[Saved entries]
:::::
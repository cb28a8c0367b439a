-- ===== src/Prelude/Instants/Digits.antt =====
-- A text of digits only is no date.
use mathlib.Core.Path.{◌≡◌, refl}
use mathlib.Core.Bool.{true}
use mathlib.Core.Option.{none}
use mathlib.Core.List.{[], ◌∷◌}
use native.Mathlib.Omega.{arith}
use cluster_recorder.Prelude.Lists.{All}
use cluster_recorder.Prelude.Numerals.{is_digit}
use cluster_recorder.Prelude.Fields.{Codes}
use cluster_recorder.Prelude.Instants.{expect, parse_rfc3339}

abbrev AllDigits : Codes → Type 0
AllDigits s = All (λ c. is_digit c ≡ true) s

expect_dash : (s : Codes) → AllDigits s → expect b'-' s ≡ none
unfolding expect
expect_dash [] h = refl
expect_dash (c ∷ s) h = ground arith

pub parse_rfc3339-digits : (s : Codes) → AllDigits s → parse_rfc3339 s ≡ none
unfolding parse_rfc3339
parse_rfc3339-digits [] h = refl
parse_rfc3339-digits (a ∷ []) h = rw h.0 refl
parse_rfc3339-digits (a ∷ b ∷ []) h = rw (h.0, h.1.0) refl
parse_rfc3339-digits (a ∷ b ∷ c ∷ []) h = rw (h.0, h.1.0, h.1.1.0) refl
parse_rfc3339-digits (a ∷ b ∷ c ∷ d ∷ s) h =
    rw (h.0, h.1.0, h.1.1.0, h.1.1.1.0) (rw (expect_dash s h.1.1.1.1) refl)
:::::
> **WHAT IS EXPECTED**
Write down again, exactly as given, only the lines above that fall from the line with "expect_dash (c ∷ s) h = ground arith" to the line with "parse_rfc3339-digits (a ∷ b ∷ [])", inclusive.

> **WRITTEN SOLUTION**
expect_dash (c ∷ s) h = ground arith

pub parse_rfc3339-digits : (s : Codes) → AllDigits s → parse_rfc3339 s ≡ none
unfolding parse_rfc3339
parse_rfc3339-digits [] h = refl
parse_rfc3339-digits (a ∷ []) h = rw h.0 refl
parse_rfc3339-digits (a ∷ b ∷ []) h = rw (h.0, h.1.0) refl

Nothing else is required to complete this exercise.